(Saved entries)
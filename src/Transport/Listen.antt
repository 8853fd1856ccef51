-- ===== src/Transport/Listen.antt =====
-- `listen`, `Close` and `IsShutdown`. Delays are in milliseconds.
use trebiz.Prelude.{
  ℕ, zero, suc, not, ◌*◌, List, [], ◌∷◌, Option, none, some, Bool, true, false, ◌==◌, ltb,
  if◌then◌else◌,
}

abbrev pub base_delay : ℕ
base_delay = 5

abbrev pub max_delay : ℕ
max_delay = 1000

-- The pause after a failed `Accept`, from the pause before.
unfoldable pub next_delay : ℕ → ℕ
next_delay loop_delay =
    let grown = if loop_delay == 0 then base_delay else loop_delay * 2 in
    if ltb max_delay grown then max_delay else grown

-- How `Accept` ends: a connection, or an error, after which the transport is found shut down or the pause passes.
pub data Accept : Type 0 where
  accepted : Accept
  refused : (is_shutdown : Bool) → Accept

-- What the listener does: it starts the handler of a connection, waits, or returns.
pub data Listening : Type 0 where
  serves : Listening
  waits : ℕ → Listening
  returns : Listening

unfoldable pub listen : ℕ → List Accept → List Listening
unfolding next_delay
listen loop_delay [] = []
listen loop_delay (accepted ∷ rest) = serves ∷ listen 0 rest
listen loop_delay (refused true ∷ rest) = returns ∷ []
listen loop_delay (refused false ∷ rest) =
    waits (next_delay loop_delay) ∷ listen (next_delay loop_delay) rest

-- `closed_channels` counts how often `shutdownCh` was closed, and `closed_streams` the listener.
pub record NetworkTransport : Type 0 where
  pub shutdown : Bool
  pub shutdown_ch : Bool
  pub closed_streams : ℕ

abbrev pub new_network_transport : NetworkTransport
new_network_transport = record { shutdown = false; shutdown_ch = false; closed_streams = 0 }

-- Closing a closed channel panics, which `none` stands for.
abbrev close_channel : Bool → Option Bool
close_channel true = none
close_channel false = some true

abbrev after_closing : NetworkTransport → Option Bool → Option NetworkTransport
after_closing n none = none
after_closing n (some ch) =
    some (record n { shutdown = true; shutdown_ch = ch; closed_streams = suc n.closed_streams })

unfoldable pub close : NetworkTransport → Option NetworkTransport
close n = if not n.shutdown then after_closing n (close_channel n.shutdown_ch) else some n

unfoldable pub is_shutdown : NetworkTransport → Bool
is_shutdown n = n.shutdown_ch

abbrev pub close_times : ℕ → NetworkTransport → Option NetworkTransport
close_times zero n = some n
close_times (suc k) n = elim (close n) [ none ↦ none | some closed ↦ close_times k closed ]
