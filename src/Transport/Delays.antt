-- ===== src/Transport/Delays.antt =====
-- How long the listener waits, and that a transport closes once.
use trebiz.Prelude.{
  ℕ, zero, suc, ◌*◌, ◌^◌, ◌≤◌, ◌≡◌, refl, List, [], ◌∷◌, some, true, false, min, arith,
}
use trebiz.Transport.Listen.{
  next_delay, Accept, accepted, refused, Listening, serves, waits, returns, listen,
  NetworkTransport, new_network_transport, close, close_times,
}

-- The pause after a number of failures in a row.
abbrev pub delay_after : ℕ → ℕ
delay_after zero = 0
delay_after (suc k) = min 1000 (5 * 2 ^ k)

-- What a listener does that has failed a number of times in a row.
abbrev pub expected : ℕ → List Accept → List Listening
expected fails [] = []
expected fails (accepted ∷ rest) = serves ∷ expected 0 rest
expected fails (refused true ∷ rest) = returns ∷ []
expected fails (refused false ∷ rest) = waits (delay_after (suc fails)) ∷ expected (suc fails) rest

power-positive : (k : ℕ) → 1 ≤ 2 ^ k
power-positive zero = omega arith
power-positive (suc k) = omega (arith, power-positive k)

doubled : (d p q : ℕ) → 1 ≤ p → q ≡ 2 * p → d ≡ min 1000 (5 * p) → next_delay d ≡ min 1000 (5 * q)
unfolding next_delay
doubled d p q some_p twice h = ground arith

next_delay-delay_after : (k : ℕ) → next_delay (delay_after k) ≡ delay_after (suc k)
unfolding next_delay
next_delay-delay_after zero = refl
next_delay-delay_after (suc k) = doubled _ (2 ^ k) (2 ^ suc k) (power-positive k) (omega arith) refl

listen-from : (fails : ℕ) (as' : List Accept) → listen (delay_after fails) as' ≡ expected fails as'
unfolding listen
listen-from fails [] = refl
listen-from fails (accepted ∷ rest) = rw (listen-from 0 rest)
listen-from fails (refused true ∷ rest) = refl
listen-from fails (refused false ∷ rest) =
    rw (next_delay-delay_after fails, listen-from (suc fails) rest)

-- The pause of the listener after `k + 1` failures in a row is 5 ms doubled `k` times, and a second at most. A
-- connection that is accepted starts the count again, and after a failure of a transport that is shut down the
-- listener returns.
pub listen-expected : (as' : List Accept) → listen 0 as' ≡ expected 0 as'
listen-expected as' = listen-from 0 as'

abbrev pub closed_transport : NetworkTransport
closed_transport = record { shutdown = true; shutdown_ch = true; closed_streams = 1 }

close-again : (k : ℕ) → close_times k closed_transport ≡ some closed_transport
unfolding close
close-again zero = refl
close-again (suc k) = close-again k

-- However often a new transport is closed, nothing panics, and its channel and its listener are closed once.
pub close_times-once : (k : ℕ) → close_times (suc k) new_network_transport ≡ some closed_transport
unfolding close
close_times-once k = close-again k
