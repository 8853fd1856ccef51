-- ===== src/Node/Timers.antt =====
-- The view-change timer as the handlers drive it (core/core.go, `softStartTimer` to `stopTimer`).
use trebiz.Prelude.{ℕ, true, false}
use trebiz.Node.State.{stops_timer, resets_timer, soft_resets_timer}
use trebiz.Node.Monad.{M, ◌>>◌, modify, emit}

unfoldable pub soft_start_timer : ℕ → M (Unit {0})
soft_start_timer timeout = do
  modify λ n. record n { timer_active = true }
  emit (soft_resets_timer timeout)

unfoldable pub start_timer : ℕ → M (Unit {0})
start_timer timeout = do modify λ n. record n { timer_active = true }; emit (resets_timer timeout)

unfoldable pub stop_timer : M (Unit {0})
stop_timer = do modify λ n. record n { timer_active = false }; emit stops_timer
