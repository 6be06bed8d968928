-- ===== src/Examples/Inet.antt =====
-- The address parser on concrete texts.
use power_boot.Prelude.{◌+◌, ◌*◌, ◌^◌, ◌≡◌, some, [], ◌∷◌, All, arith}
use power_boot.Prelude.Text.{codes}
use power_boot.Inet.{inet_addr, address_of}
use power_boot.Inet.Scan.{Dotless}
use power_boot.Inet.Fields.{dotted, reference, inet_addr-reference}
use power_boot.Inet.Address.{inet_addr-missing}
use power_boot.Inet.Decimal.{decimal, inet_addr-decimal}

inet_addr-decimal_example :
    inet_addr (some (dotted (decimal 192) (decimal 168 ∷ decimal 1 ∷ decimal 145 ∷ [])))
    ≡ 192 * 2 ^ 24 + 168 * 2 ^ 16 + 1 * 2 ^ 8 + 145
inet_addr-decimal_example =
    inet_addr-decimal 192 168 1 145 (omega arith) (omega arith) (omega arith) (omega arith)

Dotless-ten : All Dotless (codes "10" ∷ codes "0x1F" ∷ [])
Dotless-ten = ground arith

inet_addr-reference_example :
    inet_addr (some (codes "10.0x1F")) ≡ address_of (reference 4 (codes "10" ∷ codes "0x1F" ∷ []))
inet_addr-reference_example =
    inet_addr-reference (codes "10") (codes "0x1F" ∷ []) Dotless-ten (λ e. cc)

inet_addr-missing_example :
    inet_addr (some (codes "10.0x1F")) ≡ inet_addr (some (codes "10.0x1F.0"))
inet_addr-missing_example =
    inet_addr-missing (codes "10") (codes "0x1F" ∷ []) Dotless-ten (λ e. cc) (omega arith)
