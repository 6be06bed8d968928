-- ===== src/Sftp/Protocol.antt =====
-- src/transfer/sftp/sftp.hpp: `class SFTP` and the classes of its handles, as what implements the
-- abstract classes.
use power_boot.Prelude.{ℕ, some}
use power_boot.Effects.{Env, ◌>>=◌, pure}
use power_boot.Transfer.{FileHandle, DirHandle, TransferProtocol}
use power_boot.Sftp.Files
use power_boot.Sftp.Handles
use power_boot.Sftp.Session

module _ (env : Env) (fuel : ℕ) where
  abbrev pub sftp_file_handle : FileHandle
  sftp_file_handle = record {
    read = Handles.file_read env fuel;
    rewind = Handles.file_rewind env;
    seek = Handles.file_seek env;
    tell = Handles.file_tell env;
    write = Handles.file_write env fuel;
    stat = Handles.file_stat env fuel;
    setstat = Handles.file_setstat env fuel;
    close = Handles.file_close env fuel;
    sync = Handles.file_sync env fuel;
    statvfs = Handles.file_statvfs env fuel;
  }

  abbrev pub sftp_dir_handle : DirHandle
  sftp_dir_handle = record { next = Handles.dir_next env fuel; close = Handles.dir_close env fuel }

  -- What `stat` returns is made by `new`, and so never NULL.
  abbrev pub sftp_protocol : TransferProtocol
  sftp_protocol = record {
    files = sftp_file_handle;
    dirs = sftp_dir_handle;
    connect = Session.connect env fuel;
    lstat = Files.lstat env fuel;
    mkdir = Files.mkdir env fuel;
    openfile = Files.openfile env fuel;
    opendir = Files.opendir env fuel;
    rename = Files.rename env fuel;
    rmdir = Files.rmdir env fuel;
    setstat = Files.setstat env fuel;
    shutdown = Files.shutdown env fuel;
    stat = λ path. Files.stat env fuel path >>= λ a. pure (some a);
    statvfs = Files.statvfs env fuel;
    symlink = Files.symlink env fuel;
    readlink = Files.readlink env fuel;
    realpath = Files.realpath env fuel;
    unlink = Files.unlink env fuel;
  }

> [EXERCISE GOAL] Where the data above reaches the line holding "pub data Accept : Type 0 where", begin printing, and stop after the line holding "unfoldable pub listen". Each line must be reproduced exactly, with nothing else added.

> [ANSWER TO THIS TASK]
pub data Accept : Type 0 where
  accepted : Accept
  refused : (is_shutdown : Bool) → Accept

-- What the listener does: it starts the handler of a connection, waits, or returns.
pub data Listening : Type 0 where
  serves : Listening
  waits : ℕ → Listening
  returns : Listening

unfoldable pub listen : ℕ → List Accept → List Listening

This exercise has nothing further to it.